Entre los cuerpos que se disimulan, que se tuercen, se tragan la sombra. Buscan el borde de una montaña, y juegan a saltar sobre los pechos inflados de las palomas. Cumplen con los sueños de las madres, los deseos de las esposas y el sinsabor de una oficina. La misma computadora que se come tus horas, que te sorprende y te ataca con un protector de pantalla. Entonces uno vuelve a ser un cuerpo, mira un campo, verde de monotonía y sin moverse de su propio eje, y se sienta en una nube gris para que sus pies se estremezcan por las cosquillas del pasto. Por cuadras de portafolios que llevan hombres, entre boca de bancos, que te sacan las tarjetas y se comen los minutos de tu reloj, monigotes de traje, corbata, cascos de moto o pichones de pinchapapeles se sacuden la modorra del hábitos. La frente se quema bajo la decepción, la rutina de no ser lo que se quiera ser, de ser lo que otro ansiaba que seas, de tener que ser aquello que los demás esperan que vos seas.
Burlate de los prismáticos de madera, los cuatro reyes del mazo, y hasta el chino, que sale desde detrás de la caja registradora gritando.

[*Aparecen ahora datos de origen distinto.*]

-- ===== src/Provider/Settings/Sound.antt =====
-- failover-provider/provider.py: what every configuration that is read from the environment has.
use zkdeal_cloud_deployer_in.Base.{not, subst, true, ◌&&◌, ◌==◌, ◌||◌, ◌≡◌, ◌≤◌}
use zkdeal_cloud_deployer_in.Base.Lists.{length}
use zkdeal_cloud_deployer_in.Base.Text.{is_safe_id}
use zkdeal_cloud_deployer_in.Promotion.Settings.{Environment, good}
use zkdeal_cloud_deployer_in.Provider.Probes.{Config}
use zkdeal_cloud_deployer_in.Promotion.Settings.Sound.{
  demanded, good_injective, integer-within, not-true, not_below, read_first,
}
use zkdeal_cloud_deployer_in.Provider.Settings.{provider_config}

pub record SoundProvider (config : Config) : Type 0 where
  pub known_platform : (config.platform == "docker" || config.platform == "kubernetes") ≡ true
  pub witnesses : 2 ≤ length config.active_health_urls
  pub signers : 1 ≤ length config.signer_authority_health_urls
  pub identities :
      ((is_safe_id config.active_coordinator_id && is_safe_id config.standby_coordinator_id)
        && not (config.active_coordinator_id == config.standby_coordinator_id))
      ≡ true
  pub timeout : (10 ≤ config.platform_timeout_seconds) × (config.platform_timeout_seconds ≤ 240)

module _ (env : Environment) where
  -- A configuration of the provider that is read from the environment names one of the two platforms,
  -- at least two witnesses and one signer role, two different safe identities, and a platform timeout
  -- of 10 to 240 seconds.
  pub provider_config-SoundProvider :
      (config : Config) → provider_config env ≡ good config → SoundProvider config
  unfolding provider_config
  provider_config-SoundProvider config e =
      let (platform, p1, e1) = read_first _ _ _ e in
      let (urls, p2, e2) = read_first _ _ _ e1 in
      let (two, p3, e3) = read_first _ _ _ e2 in
      let (signer_urls, p4, e4) = read_first _ _ _ e3 in
      let (one, p5, e5) = read_first _ _ _ e4 in
      let (safe, p6, e6) = read_first _ _ _ e5 in
      let (tls, p7, e7) = read_first _ _ _ e6 in
      let (standby_url, p8, e8) = read_first _ _ _ e7 in
      let (indexer_url, p9, e9) = read_first _ _ _ e8 in
      let (provider_token, p10, e10) = read_first _ _ _ e9 in
      let (approval_token, p11, e11) = read_first _ _ _ e10 in
      let (request, p12, e12) = read_first _ _ _ e11 in
      let (timeout, p13, e13) = read_first _ _ _ e12 in
      let (port, p14, e14) = read_first _ _ _ e13 in
      subst SoundProvider (good_injective e14) (record {
        known_platform = demanded _ _ platform p1;
        witnesses = not_below _ _ (not-true _ (demanded _ _ two p3));
        signers = not_below _ _ (not-true _ (demanded _ _ one p5));
        identities = demanded _ _ safe p6;
        timeout = integer-within env _ _ _ _ timeout p13;
      })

El agua hierve, apaga la pava, y no te sientas culpable por las hojas sin barrer. Es otoño, te lloran los ojos –sino quedan más partes por llorar, que sean ese par de puntos verdes, a los lados de tu nariz- y los pañuelos de papel están en la mesa del comedor, el escritorio de la computadora, tu mesa de luz. Los rollos no crecen en los árboles, la gente te mira de reojo y vos no contenes la tos. En la oficina, las charlas son cortas y monótonas, tus oídos siguen tapados y no se te pasa por la cabeza pensar en ese libro, en tu mochila. Todos hablan acerca de aquellos que quieren oír. Son parte de la rutina, no hay resfrío, ni ideas propias.
Entonces hay cuerpos en oficina-monigotes-pinchapapeles-cuatro reyes y otras treinta y seis cartas en la baraja-un campo verde-protector de pantalla-escritorio de la computadora.